* [What to produce] Within the entries below, find the portion that opens with the line containing "(same_id, same_under) f" and closes with the line containing "AreFresh-append n now tick []". Retype that portion exactly and only.

* [Extracted records]
-- ===== src/Timer/System/Freshness.antt =====
-- What is known of the ids and the configurations of a timer while its threads run: timer_posix.c,
-- timer_winapi.c and timer_uwp.c.
use daemonlib.Base.{
  ℕ, ◌+◌, ◌^◌, ◌≤◌, ◌<◌, ◌≡◌, ◌≢◌, ◌⊎◌, inl, inr, refl, sym, ◌∙◌, subst, Bool, true, false, not,
  none, some, List, [], ◌∷◌, ◌++◌, ◌==◌, arith, if◌then◌else◌,
}
use daemonlib.Timer.{
  Configuration, Tick, current, read_tick, set_configuration, Round, Outcome, nothing, ticks, loads,
  breaks, Backend,
}
use daemonlib.Timer.System.{
  Main, Thread, not_started, started, stopped, Call, System, created, after, handled_by,
}

-- What is known of an id and of the configuration it stands for, after `n` configurations.
pub record IsFresh (n : ℕ) (now : Configuration) (id : ℕ) (under : Configuration) : Type 0 where
  bounded : id ≤ n
  last : id ≡ n → (under ≡ now) ⊎ (under ≡ (0, 0))

pub AreFresh : ℕ → Configuration → List Tick → Type 0
AreFresh n now [] = Unit {0}
AreFresh n now (tick ∷ more) =
    IsFresh n now tick.id tick.under × (tick.under ≢ (0, 0)) × AreFresh n now more

-- Each call is for the configuration that is current, and the timer is not off.
unfoldable pub AreMeant : List Call → Type 0
AreMeant [] = Unit {0}
AreMeant (c ∷ calls) = (c.tick.under ≡ c.at) × (c.at ≢ (0, 0)) × AreMeant calls

abbrev pub IsThreadFresh : (B : Backend) → ℕ → Configuration → Thread B.Local → Type 0
IsThreadFresh B n now not_started = Unit {0}
IsThreadFresh B n now (started l) = IsFresh n now (B.id l) (B.under l)
IsThreadFresh B n now stopped = Unit {0}

pub record Invariant (B : Backend) (s : System B.Local) : Type 0 where
  pub counted : s.timer.configuration_id ≡ s.configured
  pub thread : IsThreadFresh B s.configured (current s.timer) s.thread
  pub notified : AreFresh s.configured (current s.timer) s.timer.notification
  pub called : AreMeant s.calls

stale :
    {n : ℕ} {now now' : Configuration} {id : ℕ} {under : Configuration}
    → IsFresh n now id under
    → IsFresh (n + 1) now' id under
stale f = record { bounded = omega (arith, f.bounded); last = λ e. ground (arith, f.bounded, e) }

moved :
    {n : ℕ} {now : Configuration} {id id' : ℕ} {under under' : Configuration}
    → IsFresh n now id under
    → id' ≡ id
    → under' ≡ under
    → IsFresh n now id' under'
moved {n} {now} {id} {id'} {under} {under'} f same_id same_under = rw (same_id, same_under) f

AreFresh-stale :
    (n : ℕ) (now now' : Configuration) (more : List Tick)
    → AreFresh n now more
    → AreFresh (n + 1) now' more
unfolding AreFresh
AreFresh-stale n now now' [] u = u
AreFresh-stale n now now' (tick ∷ more) (a, b, rest) =
    (stale a, b, AreFresh-stale n now now' more rest)

AreFresh-append :
    (n : ℕ) (now : Configuration) (tick : Tick) (more : List Tick)
    → AreFresh n now more
    → IsFresh n now tick.id tick.under
    → tick.under ≢ (0, 0)
    → AreFresh n now (more ++ (tick ∷ []))
unfolding AreFresh
AreFresh-append n now tick [] u a b = (a, b, u)
AreFresh-append n now tick (x ∷ more) (c, d, rest) a b =
    (c, d, AreFresh-append n now tick more rest a b)

AreMeant-append :
    (c : Call) (calls : List Call)
    → AreMeant calls
    → c.tick.under ≡ c.at
    → c.at ≢ (0, 0)
    → AreMeant (calls ++ (c ∷ []))
unfolding AreMeant
AreMeant-append c [] u a b = (a, b, u)
AreMeant-append c (x ∷ calls) (p, q, rest) a b = (p, q, AreMeant-append c calls rest a b)

pub created-Invariant : (B : Backend) → Invariant B created
unfolding AreFresh AreMeant
created-Invariant B = record { counted = refl; thread = tt; notified = tt; called = tt }

pub starts-Invariant :
    (B : Backend) (s : System B.Local)
    → Invariant B s
    → Invariant B (record s { thread = started (B.initial s.timer) })
starts-Invariant B s inv = record {
  counted = inv.counted;
  thread = record {
    bounded = omega (arith, B.initial-id s.timer, inv.counted);
    last = λ e. inr (B.initial-under s.timer);
  };
  notified = inv.notified;
  called = inv.called;
}

IsThreadFresh-stale :
    (B : Backend) (n : ℕ) (now now' : Configuration) (th : Thread B.Local)
    → IsThreadFresh B n now th
    → IsThreadFresh B (n + 1) now' th
IsThreadFresh-stale B n now now' not_started f = f
IsThreadFresh-stale B n now now' (started l) f = stale f
IsThreadFresh-stale B n now now' stopped f = f

pub assigns-Invariant :
    (B : Backend) (s : System B.Local) (delay interval : ℕ) (m : Main)
    → s.configured + 1 < 2 ^ 32
    → Invariant B s
    → Invariant B (record s {
      timer = set_configuration delay interval s.timer;
      main = m;
      configured = s.configured + 1;
    })
assigns-Invariant B s delay interval m small inv = record {
  counted = omega (arith, small, inv.counted);
  thread =
      IsThreadFresh-stale B s.configured (current s.timer) (delay, interval) s.thread inv.thread;
  notified =
      AreFresh-stale s.configured (current s.timer) (delay, interval) s.timer.notification
        inv.notified;
  called = inv.called;
}

-- The thread's part of the invariant in a state that differs in nothing the invariant reads.
pub round-Invariant :
    (B : Backend) (s : System B.Local) (l : B.Local) (r : Round B.Local)
    → Outcome B.id B.under s.timer l r
    → IsFresh s.configured (current s.timer) (B.id l) (B.under l)
    → Invariant B s
    → Invariant B (after r s)
round-Invariant B s l _ (nothing l' same_id same_under) f inv = record {
  counted = inv.counted;
  thread = moved f same_id same_under;
  notified = inv.notified;
  called = inv.called;
}
round-Invariant B s l _ (ticks l' same_id same_under on) f inv = record {
  counted = inv.counted;
  thread = moved f same_id same_under;
  notified =
      AreFresh-append s.configured (current s.timer) (record { id = B.id l; under = B.under l })
        s.timer.notification inv.notified f on;
  called = inv.called;
}
round-Invariant B s l _ (loads k l' less alive same_id same_under) f inv = record {
  counted = inv.counted;
  thread = record { bounded = omega (arith, same_id, inv.counted); last = λ e. inl same_under };
  notified = inv.notified;
  called = inv.called;
}
round-Invariant B s l _ (breaks k less) f inv = record {
  counted = inv.counted;
  thread = tt;
  notified = inv.notified;
  called = inv.called;
}

is_meant :
    {n : ℕ} {now : Configuration} {id : ℕ} {under : Configuration}
    → IsFresh n now id under
    → under ≢ (0, 0)
    → id ≡ n
    → (under ≡ now) × (now ≢ (0, 0))
is_meant f on e = elim (f.last e) [
  | inl same ↦ (same, λ off. on (same ∙ off))
  | inr off ↦ absurd (on off)
]

read-Invariant :
    (B : Backend) (s : System B.Local) (tick : Tick) (more : List Tick) (b : Bool)
    → (b ≡ true → tick.id ≡ s.timer.configuration_id)
    → AreFresh s.configured (current s.timer) (tick ∷ more)
    → Invariant B s
    → let t = record s.timer { notification = more } in
      Invariant B (handled_by (if not b then (none, t) else (some tick, t)) s)
unfolding AreFresh
read-Invariant B s tick more false same (f, on, rest) inv = record {
  counted = inv.counted;
  thread = inv.thread;
  notified = rest;
  called = inv.called;
}
read-Invariant B s tick more true same (f, on, rest) inv =
    let (meant, set) = is_meant f on (same refl ∙ inv.counted) in
    record {
      counted = inv.counted;
      thread = inv.thread;
      notified = rest;
      called =
          AreMeant-append (record { tick = tick; at = current s.timer }) s.calls inv.called meant
            set;
    }

pub handled-Invariant :
    (B : Backend) (s : System B.Local) (more : List Tick)
    → AreFresh s.configured (current s.timer) more
    → Invariant B s
    → Invariant B (handled_by (read_tick more s.timer) s)
handled-Invariant B s [] f inv = record {
  counted = inv.counted;
  thread = inv.thread;
  notified = inv.notified;
  called = inv.called;
}
handled-Invariant B s (tick ∷ more) f inv =
    read-Invariant B s tick more (tick.id == s.timer.configuration_id) (λ e. ground (arith, e)) f
      inv

pub raises-Invariant :
    (B : Backend) (s : System B.Local) (m : Main)
    → Invariant B s
    → Invariant B (record s { timer = B.raise s.timer; main = m })
raises-Invariant B s m inv =
    let (k, e, one) = B.raise-interrupt s.timer in
    subst (λ t. Invariant B (record s { timer = t; main = m })) (sym e)
      (record {
        counted = inv.counted;
        thread = inv.thread;
        notified = inv.notified;
        called = inv.called;
      })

* [Written response]
moved {n} {now} {id} {id'} {under} {under'} f same_id same_under = rw (same_id, same_under) f

AreFresh-stale :
    (n : ℕ) (now now' : Configuration) (more : List Tick)
    → AreFresh n now more
    → AreFresh (n + 1) now' more
unfolding AreFresh
AreFresh-stale n now now' [] u = u
AreFresh-stale n now now' (tick ∷ more) (a, b, rest) =
    (stale a, b, AreFresh-stale n now now' more rest)

AreFresh-append :
    (n : ℕ) (now : Configuration) (tick : Tick) (more : List Tick)
    → AreFresh n now more
    → IsFresh n now tick.id tick.under
    → tick.under ≢ (0, 0)
    → AreFresh n now (more ++ (tick ∷ []))
unfolding AreFresh
AreFresh-append n now tick [] u a b = (a, b, u)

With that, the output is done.